Skyscrapers are common nowadays around the world, especially in cities with limited development area. In Hong Kong, about 7.5 million people (total population in Hong Kong) [1] are living in less than 25% developed area of around 1100 square km (population density of 6659 people per square km) [2], and skyscrapers are a trend of the city development. This challenges the design of water supply systems inside skyscrapers. The design of the water supply system not only affects the water demand inside buildings but also influences the pumping energy consumption. It was reported that 40% of the total pumping energy in some developed cities is consumed inside buildings [3,4], and this percentage is quite bigger in skyscrapers as the pumping energy consumption is proportional to building height [5]. The proper design of the water supply system in skyscrapers would benefit the sustainable development of buildings nowadays. Existing projects of water supply systems in skyscrapers can be found around the world; however, these water supply systems are designed based on practical experiences or requirements of existing codes/ordinances that, in fact, are not specifically for skyscrapers. A thorough investigation of water supply system design in skyscrapers is still limited.

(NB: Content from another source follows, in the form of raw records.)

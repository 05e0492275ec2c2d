-- ===== src/Tests.antt =====
-- Runs of the models on concrete inputs, and the theorems at concrete inputs.
mod Heaps
mod Huge
mod Disks
mod Stages
mod Loader
mod Devices
mod Tables
mod Pages
mod Maps
mod Files
mod Locks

Furthermore, in practices of exiting codes/ordinances, maximum simultaneous water demand can be taken as the design flow rate of the water supply system [6,7], it may be not an optimal solution as the maximum simultaneous water demand usually lasts only for a short time over the system lifetime [8].

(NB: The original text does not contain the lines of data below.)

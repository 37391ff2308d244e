-- ===== src/Server/Admission.antt =====
-- What a device is told that registers.
use suplalite.Common.{
  sym, ℕ, ◌≡◌, ◌≢◌, refl, ap, ◌∙◌, true, false, none, some, Option-cases, inl, inr,
}
use suplalite.Python.Result.{ok, err, key_error}
use suplalite.Python.Dict.{lookup, put, lookup-put, or_key_error}
use suplalite.Proto.Constants.{activity_timeout_default, proto_version, proto_version_min}
use suplalite.Server.Types.{ServerState, DeviceState, eq_ℕ}
use suplalite.Server.Devices.{
  get_device_id, get_device, get_device_channels, get_channel, device_connected,
}
use suplalite.Server.World.{World, Role, Conn, ◌>>◌, ◌>>=◌, change_context, change_conn}
use suplalite.Server.Registration.{
  RegisterDevice, check_device_identity, register_device, connect_device, RegisterDeviceResult,
}
use suplalite.Server.Ownership.{superseded_old, lookup-superseded_other}
use suplalite.Server.Clients.{eq_ℕ-IsEquality}
use suplalite.Server.Handling.{renamed}
use suplalite.Server.DeviceHandling.{connect_device-effect}
use suplalite.Server.Registered.{AllSettable, acceptance, connect_device-settable}
use suplalite.Server.Sessions.{ok_injective}
use suplalite.Server.Matching.{Gets, check_channels-returns, check_channels-told, expected, told}

-- The answer to a device that is refused
abbrev pub refusal : RegisterDeviceResult
refusal = record {
  accepted = false;
  activity_timeout = activity_timeout_default;
  version = proto_version;
  version_min = proto_version_min;
}

matching :
    (k : ℕ) (msg : RegisterDevice) (w : World) (c : Conn) (i : ℕ) (d : DeviceState)
    → lookup eq_ℕ w.conns k ≡ some c
    → get_device_id w.state msg.guid ≡ ok i
    → get_device w.state i ≡ ok d
    → check_device_identity d msg ≡ none
    → Gets (get_channel w.state) (get_device_channels w.state.channels i)
    → (told msg.channels ≡ expected 0 (get_device_channels w.state.channels i)
        → register_device k msg w ≡ connect_device k i d msg w)
      × (told msg.channels ≢ expected 0 (get_device_channels w.state.channels i)
          → register_device k msg w ≡ (
            ok refusal,
            record w {
              conns = put eq_ℕ w.conns k (record c { context = record c.context { error = true } });
            },
          ))
unfolding register_device
matching k msg w c i d there e1 e2 e3 gets =
    let chs = get_device_channels w.state.channels i in
    let (to, from) = check_channels-told chs msg.channels (get_channel w.state) gets in
    (
      λ same. (let e4 = from same in rw (e1, e2, e3, e4, register_device, ◌>>=◌, ◌>>◌) refl),
      λ apart.
          (let (m, e4) = check_channels-returns (get_channel w.state) chs msg.channels gets in
            elim (Option-cases m) [
              | inl e5 ↦ absurd (apart (to (e4 ∙ ap ok e5)))
              | inr (m', e5) ↦
                  rw
                    (
                      e1, e2, e3, e4, e5, there, register_device, change_context, change_conn,
                      ◌>>=◌, ◌>>◌,
                    )
                    refl
            ]),
    )

get_device-lookup :
    (s : ServerState) (i : ℕ) (d : DeviceState)
    → get_device s i ≡ ok d
    → lookup eq_ℕ s.devices i ≡ some d
unfolding get_device
get_device-lookup s i d e = elim (Option-cases (lookup eq_ℕ s.devices i)) [
  | inl e1 ↦ let e2 : err key_error ≡ ok d = ap or_key_error (sym e1) ∙ e in cc
  | inr (d', e1) ↦ e1 ∙ ap some (ok_injective (ap or_key_error (sym e1) ∙ e))
]

device_connected-there :
    (s : ServerState) (i v q k : ℕ) (d : DeviceState)
    → lookup eq_ℕ s.devices i ≡ some d
    → device_connected s i v q k ≡ (
      ok (lookup eq_ℕ s.device_connections i),
      record s {
        device_connections = put eq_ℕ s.device_connections i k;
        device_events = put eq_ℕ s.device_events i q;
        devices = put eq_ℕ s.devices i (record d { online = true; proto_version = v });
      },
    )
unfolding device_connected
device_connected-there s i v q k d e = rw (e, device_connected) refl

-- What a device that is taken leaves: it is online, with this connection, which will have the role of the
-- device, while the connection that it had has been superseded.
abbrev pub Taken : ℕ → RegisterDevice → World → Conn → ℕ → DeviceState → World → Type 0
Taken k msg w c i d w' =
    (lookup eq_ℕ w'.state.device_connections i ≡ some k)
    × (lookup eq_ℕ w'.state.devices i
        ≡ some (record d { online = true; proto_version = c.proto_version }))
    × (w'.conns
        ≡ put eq_ℕ (superseded_old w.conns (lookup eq_ℕ w.state.device_connections i)) k
            (renamed c d.name (Role.device msg.guid i)))

connect_device-Taken :
    (k : ℕ) (msg : RegisterDevice) (w : World) (c : Conn) (i : ℕ) (d : DeviceState)
    → lookup eq_ℕ w.conns k ≡ some c
    → lookup eq_ℕ w.state.devices i ≡ some d
    → lookup eq_ℕ w.state.device_connections i ≢ some k
    → AllSettable w.state.channels d 0 msg.channels
    → ((connect_device k i d msg w).0 ≡ ok (acceptance c))
      × Taken k msg w c i d (connect_device k i d msg w).1
connect_device-Taken k msg w c i d there known other settable =
    let old = lookup eq_ℕ w.state.device_connections i in
    let d' = record d { online = true; proto_version = c.proto_version } in
    let s = record w.state {
      device_connections = put eq_ℕ w.state.device_connections i k;
      device_events = put eq_ℕ w.state.device_events i k;
      devices = put eq_ℕ w.state.devices i d';
    } in
    let connected = device_connected-there w.state i c.proto_version k k d known in
    let again = lookup-superseded_other w.conns old k other ∙ there in
    let (cs, e1, e2, _) = connect_device-effect k i d msg w c old s there connected again in
    (
      connect_device-settable k i d msg w c old s there connected again settable,
      (
        ap (λ (x : ServerState). lookup eq_ℕ x.device_connections i) e1
            ∙ lookup-put eq_ℕ eq_ℕ-IsEquality w.state.device_connections i k,
        ap (λ (x : ServerState). lookup eq_ℕ x.devices i) e1
            ∙ lookup-put eq_ℕ eq_ℕ-IsEquality w.state.devices i d',
        e2,
      ),
    )

-- A device whose guid and identity the server knows, with values that can be set, registers on a
-- connection that is there and that is not the device's own. If the channels that it tells of match,
-- the result is TRUE with the timeout of the context, the device is online, with the connection's
-- protocol version, and has this connection, whose context is to be replaced by one of the device,
-- and the connection that it had is superseded. If they do not match, it is refused, the context is
-- marked with the error, and nothing else of the world changes.
pub register_device-told :
    (k : ℕ) (msg : RegisterDevice) (w : World) (c : Conn) (i : ℕ) (d : DeviceState)
    → lookup eq_ℕ w.conns k ≡ some c
    → get_device_id w.state msg.guid ≡ ok i
    → get_device w.state i ≡ ok d
    → check_device_identity d msg ≡ none
    → Gets (get_channel w.state) (get_device_channels w.state.channels i)
    → lookup eq_ℕ w.state.device_connections i ≢ some k
    → AllSettable w.state.channels d 0 msg.channels
    → (told msg.channels ≡ expected 0 (get_device_channels w.state.channels i)
        → ((register_device k msg w).0 ≡ ok (acceptance c))
          × Taken k msg w c i d (register_device k msg w).1)
      × (told msg.channels ≢ expected 0 (get_device_channels w.state.channels i)
          → register_device k msg w ≡ (
            ok refusal,
            record w {
              conns = put eq_ℕ w.conns k (record c { context = record c.context { error = true } });
            },
          ))
register_device-told k msg w c i d there e1 e2 e3 gets other settable =
    let (taken, refused) = matching k msg w c i d there e1 e2 e3 gets in
    let known = get_device-lookup w.state i d e2 in
    (
      λ same. rw (taken same) (connect_device-Taken k msg w c i d there known other settable),
      refused,
    )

In fact, several studies revealed that the calculated maximum flow rates by current standards/guidelines are overestimated [9,10].

The application of current standards/guidelines to skyscrapers needs to be justified. Previous studies have recommended several restoration actions for some common problems in water pipe networks [11]; however, the design flow rate of water supply systems in skyscrapers is still not covered. Therefore, it is necessary to thoroughly evaluate the design flow rate in skyscrapers.

A cascade water supply system is commonly used in skyscrapers (Figure 1). This system divides a skyscraper into several zones, with a water tank on the top of each zone feeding demand points below it, which is similar to traditional roof tank water supply systems [5]. However, the intermediate tanks (e.g., Tank 1 and Tank 2 in Figure 1) also supply water to the adjacent tank on the upper zone through a transfer pump. In practice, the application of a cascade water supply system avoids the reliance of using water pumps with a superhigh pump head for pumping all of the water to a tank at the top level of a skyscraper. The pumps with superhigh pump heads are currently still limited. This study investigates the cascade water supply system for skyscrapers.

In order to save fresh water resources, sea water has been used for toilet flushing since the 1950s in Hong Kong, and the current sea water supply coverage is for about 80% of the total population [12] while the remainder is supplied by freshwater. Sea water is abstracted at the seafront pumping stations, and then firstly screened by strainers to remove debris and large-sized particles [13]. After that, sea water is disinfected by sodium hypochlorite produced on-site by electro-chlorination before being distributed to consumers or pumped to service reservoirs [13]. Figure 2 shows the schematic diagram of a typical sea water supply system in Hong Kong [13].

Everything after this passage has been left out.